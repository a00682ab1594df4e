-- ===== src/Examples/Components.antt =====
-- The retry loop, the tool runtime and the memory backend at small inputs.
use fiddlesticks.Base.{
  ℕ, ◌+◌, ◌≤◌, String, true, false, none, some, [], ◌∷◌, ◌++◌, ◌≡◌, ◌≢◌, refl, sym, subst, ◌∙◌, eqb,
  if◌then◌else◌, arith,
}
use fiddlesticks.Base.Map
use fiddlesticks.Exec.{Result, ok, err, no_return}
use fiddlesticks.Provider.Error.{ProviderError, ProviderErrorKind}
use fiddlesticks.Provider.Model.{ProviderId}
use fiddlesticks.Provider.Resilience.{
  default_policy, backoff_for_attempt, noop_operation_hooks, execute_with_retry,
}
use fiddlesticks.Provider.Resilience.Returns.{
  execute_with_retry-returns, execute_with_retry-calls, allowed_attempts,
}
use fiddlesticks.Provider.Resilience.Trace as Trace
use fiddlesticks.Provider.Resilience.Trace.{Told, execute_with_retry-Told}
use fiddlesticks.Exec.Keeps.{Keeps}
use fiddlesticks.Tooling.Types.{Tool}
use fiddlesticks.Tooling.Registry as Tools
use fiddlesticks.Tooling.Registry.{get-register}
use fiddlesticks.Tooling.Runtime.{execute, new}
use fiddlesticks.Tooling.Runtime.Labels.{Labelled, execute-Labelled, handed_on, execute-register}
use fiddlesticks.Tooling.Runtime.Reports as Reports
use fiddlesticks.Tooling.Runtime.Reports.{recorded, ending, execute-reports}
use fiddlesticks.Memory.Types.{FeatureRecord}
use fiddlesticks.Memory.InMemory.{
  InMemoryMemoryBackend, put_session, default_session, update_feature_pass,
}
use fiddlesticks.Memory.InMemory.Features.{Updates, update_feature_pass-Updates}
use fiddlesticks.Provider.Registry as Providers
use fiddlesticks.Provider.Registry.History.{
  Change, registered, removed, replay, latest, Own, replay-Own,
}
use fiddlesticks.Base.{List}
use fiddlesticks.Base.Map.{is_some}
use fiddlesticks.Examples.Fixtures.{Env, f64, timing, call, echo, context, provider}

abbrev overloaded : ProviderError
overloaded = record { kind = ProviderErrorKind.unavailable; message = "busy"; retryable = true }

-- The first attempt fails and may be retried; the state counts the attempts.
abbrev flaky : ℕ → ℕ → Result ProviderError String × ℕ
flaky attempt n = ((if eqb attempt 1 then err overloaded else ok "done"), n + 1)

abbrev sleep : ℕ → ℕ → ℕ
sleep d n = n

flaky-returns : (attempt n : ℕ) → (flaky attempt n).0 ≢ no_return
flaky-returns attempt n = ground arith

no_panic : (attempt : ℕ) → backoff_for_attempt f64 default_policy attempt ≢ none
unfolding backoff_for_attempt
no_panic attempt h = ground arith

execute_with_retry-returns_example :
    (execute_with_retry f64 ProviderId.open_ai "complete" default_policy noop_operation_hooks flaky
      sleep 0).0
    ≢ no_return
execute_with_retry-returns_example =
    execute_with_retry-returns f64 ProviderId.open_ai "complete" default_policy noop_operation_hooks
      flaky sleep flaky-returns no_panic 0

calls_free : (n : ℕ) → n ≤ n
calls_free n = omega arith

execute_with_retry-calls_example :
    (execute_with_retry f64 ProviderId.open_ai "complete" default_policy noop_operation_hooks flaky
      sleep 0).1
    ≤ 0 + allowed_attempts default_policy
execute_with_retry-calls_example =
    execute_with_retry-calls f64 ProviderId.open_ai "complete" default_policy noop_operation_hooks
      flaky sleep (λ n. n) (λ a n. calls_free (n + 1)) (λ p o a n. calls_free n)
      (λ p o a d e n. calls_free n) (λ p o a n. calls_free n) (λ p o a e n. calls_free n)
      (λ d n. calls_free n) 0

abbrev quiet_log : Trace.Logged ℕ
quiet_log = record { rest = 0; log = [] }

execute_with_retry-Told_example :
    let r =
      execute_with_retry f64 ProviderId.open_ai "complete" default_policy Trace.recording
        (Trace.logged_execute f64 ProviderId.open_ai "complete" default_policy flaky sleep)
        (Trace.logged_sleep f64 ProviderId.open_ai "complete" default_policy flaky sleep)
        quiet_log in
    Told default_policy 1 [] r.0 r.1
execute_with_retry-Told_example =
    execute_with_retry-Told f64 ProviderId.open_ai "complete" default_policy flaky sleep quiet_log

execute-Labelled_example :
    Labelled call (execute (timing (λ n. n)) (new (Tools.register Tools.new echo)) call context 7).0
execute-Labelled_example =
    execute-Labelled (timing (λ n. n)) (new (Tools.register Tools.new echo)) call context 7

execute-register_example :
    execute (timing (λ n. n)) (new (Tools.register Tools.new echo)) call context 7
    ≡ (handed_on call (ok "{}"), 7)
execute-register_example = execute-register (timing (λ n. n)) call context Tools.new echo 7 refl

abbrev tool_log : Reports.Logged ℕ
tool_log = record { rest = 0; log = [] }

abbrev tools : Tools.ToolRegistry (Reports.Logged ℕ)
tools = Tools.register Tools.new echo

some_inj : {A : Type 0} {a b : A} → some a ≡ some b → a ≡ b
some_inj h = ground arith

echo_silent :
    (tool : Tool (Reports.Logged ℕ))
    → Tools.get tools call.name ≡ some tool
    → Keeps Reports.log_of (tool.invoke call.arguments context)
echo_silent tool h =
    subst (λ (t : Tool (Reports.Logged ℕ)). Keeps Reports.log_of (t.invoke call.arguments context))
      (some_inj (sym (get-register Tools.new echo call.name) ∙ h)) (record { at = λ w. refl })

execute-reports_example :
    let r =
      execute
        (timing (λ w. w.rest))
        (recorded (timing (λ w. w.rest)) tools (some 5) call context)
        call
        context
        tool_log in
    r.1.log ≡ [] ++ (Reports.started call ∷ ending call r.0)
execute-reports_example =
    execute-reports (timing (λ w. w.rest)) tools (some 5) call context echo_silent
      (λ limit m k w. k.at w) tool_log

abbrev one_feature : FeatureRecord
one_feature = record {
  id = "a";
  category = "functional";
  description = "does a";
  steps = "run it" ∷ [];
  passes = false;
}

abbrev backend : InMemoryMemoryBackend
backend =
    put_session Map.empty "session-1" (record default_session { feature_list = one_feature ∷ [] })

update_feature_pass-Updates_example :
    Updates "session-1" "a" true backend
      (update_feature_pass "session-1" "a" true backend).0
      (update_feature_pass "session-1" "a" true backend).1
update_feature_pass-Updates_example = update_feature_pass-Updates "session-1" "a" true backend

-- One provider is registered twice, and another id removed in between; the latest change is first.
abbrev changes : List (Change Env)
changes = registered provider ∷ removed ProviderId.ollama ∷ registered provider ∷ []

replay-Own_example :
    (Providers.get (replay changes) ProviderId.open_ai ≡ latest changes ProviderId.open_ai)
    × ((Providers.remove (replay changes) ProviderId.open_ai).0 ≡ latest changes ProviderId.open_ai)
    × (Providers.contains (replay changes) ProviderId.open_ai
        ≡ is_some (latest changes ProviderId.open_ai))
    × Own ProviderId.open_ai (latest changes ProviderId.open_ai)
replay-Own_example = replay-Own changes ProviderId.open_ai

=-=-=

Please return the lines above that run from the line containing "some b → a ≡ b" to the line containing "abbrev changes : List (Change Env)", inclusive, exactly and with no other lines.

some_inj : {A : Type 0} {a b : A} → some a ≡ some b → a ≡ b
some_inj h = ground arith

echo_silent :
    (tool : Tool (Reports.Logged ℕ))
    → Tools.get tools call.name ≡ some tool
    → Keeps Reports.log_of (tool.invoke call.arguments context)
echo_silent tool h =
    subst (λ (t : Tool (Reports.Logged ℕ)). Keeps Reports.log_of (t.invoke call.arguments context))
      (some_inj (sym (get-register Tools.new echo call.name) ∙ h)) (record { at = λ w. refl })

execute-reports_example :
    let r =
      execute
        (timing (λ w. w.rest))
        (recorded (timing (λ w. w.rest)) tools (some 5) call context)
        call
        context
        tool_log in
    r.1.log ≡ [] ++ (Reports.started call ∷ ending call r.0)
execute-reports_example =
    execute-reports (timing (λ w. w.rest)) tools (some 5) call context echo_silent
      (λ limit m k w. k.at w) tool_log

abbrev one_feature : FeatureRecord
one_feature = record {
  id = "a";
  category = "functional";
  description = "does a";
  steps = "run it" ∷ [];
  passes = false;
}

abbrev backend : InMemoryMemoryBackend
backend =
    put_session Map.empty "session-1" (record default_session { feature_list = one_feature ∷ [] })

update_feature_pass-Updates_example :
    Updates "session-1" "a" true backend
      (update_feature_pass "session-1" "a" true backend).0
      (update_feature_pass "session-1" "a" true backend).1
update_feature_pass-Updates_example = update_feature_pass-Updates "session-1" "a" true backend

-- One provider is registered twice, and another id removed in between; the latest change is first.
abbrev changes : List (Change Env)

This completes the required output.